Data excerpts
____

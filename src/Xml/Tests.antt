-- ===== src/Xml/Tests.antt =====
-- Entities of src/xml-rpc.c and src/rxml.c at concrete texts.
use fireflymediaserver.Prelude.{
  ℕ, ◌+◌, ◌*◌, ◌<◌, ◌≡◌, refl, ◌∷◌, Option, none, some, length, Bytes, codes, if◌then◌else◌, ◌==◌,
  ◌&&◌,
}
use fireflymediaserver.SmartParser.State.{done}
use fireflymediaserver.Xml.{xml_entity_encode, rxml_decode_string}
use fireflymediaserver.Xml.RoundTrip.{rxml_decode_string-xml_entity_encode}

-- A scanner that finds "38" and nothing else.
abbrev scan_38 : ℕ → Bytes → Option ℕ
scan_38 cval (a ∷ b ∷ s) = if a == b'3' && b == b'8' then some 38 else none
scan_38 cval s = none

decodes_number : rxml_decode_string scan_38 0 (codes "a&#38;b") ≡ done (some (codes "a&b"))
unfolding rxml_decode_string
decodes_number = refl

xml_round_trip_example :
    (rxml_decode_string scan_38 0 (xml_entity_encode (codes "Rock & \"Roll\""))
      ≡ done (some (codes "Rock & \"Roll\"")))
    × (length (xml_entity_encode (codes "Rock & \"Roll\""))
        < 6 * length (codes "Rock & \"Roll\"") + 1)
xml_round_trip_example = rxml_decode_string-xml_entity_encode scan_38 0 (codes "Rock & \"Roll\"")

____

Wherever the word "Bytes" turns up in the records, copy out the line it is on.

= RESPONSE AREA =
  ℕ, ◌+◌, ◌*◌, ◌<◌, ◌≡◌, refl, ◌∷◌, Option, none, some, length, Bytes, codes, if◌then◌else◌, ◌==◌,
abbrev scan_38 : ℕ → Bytes → Option ℕ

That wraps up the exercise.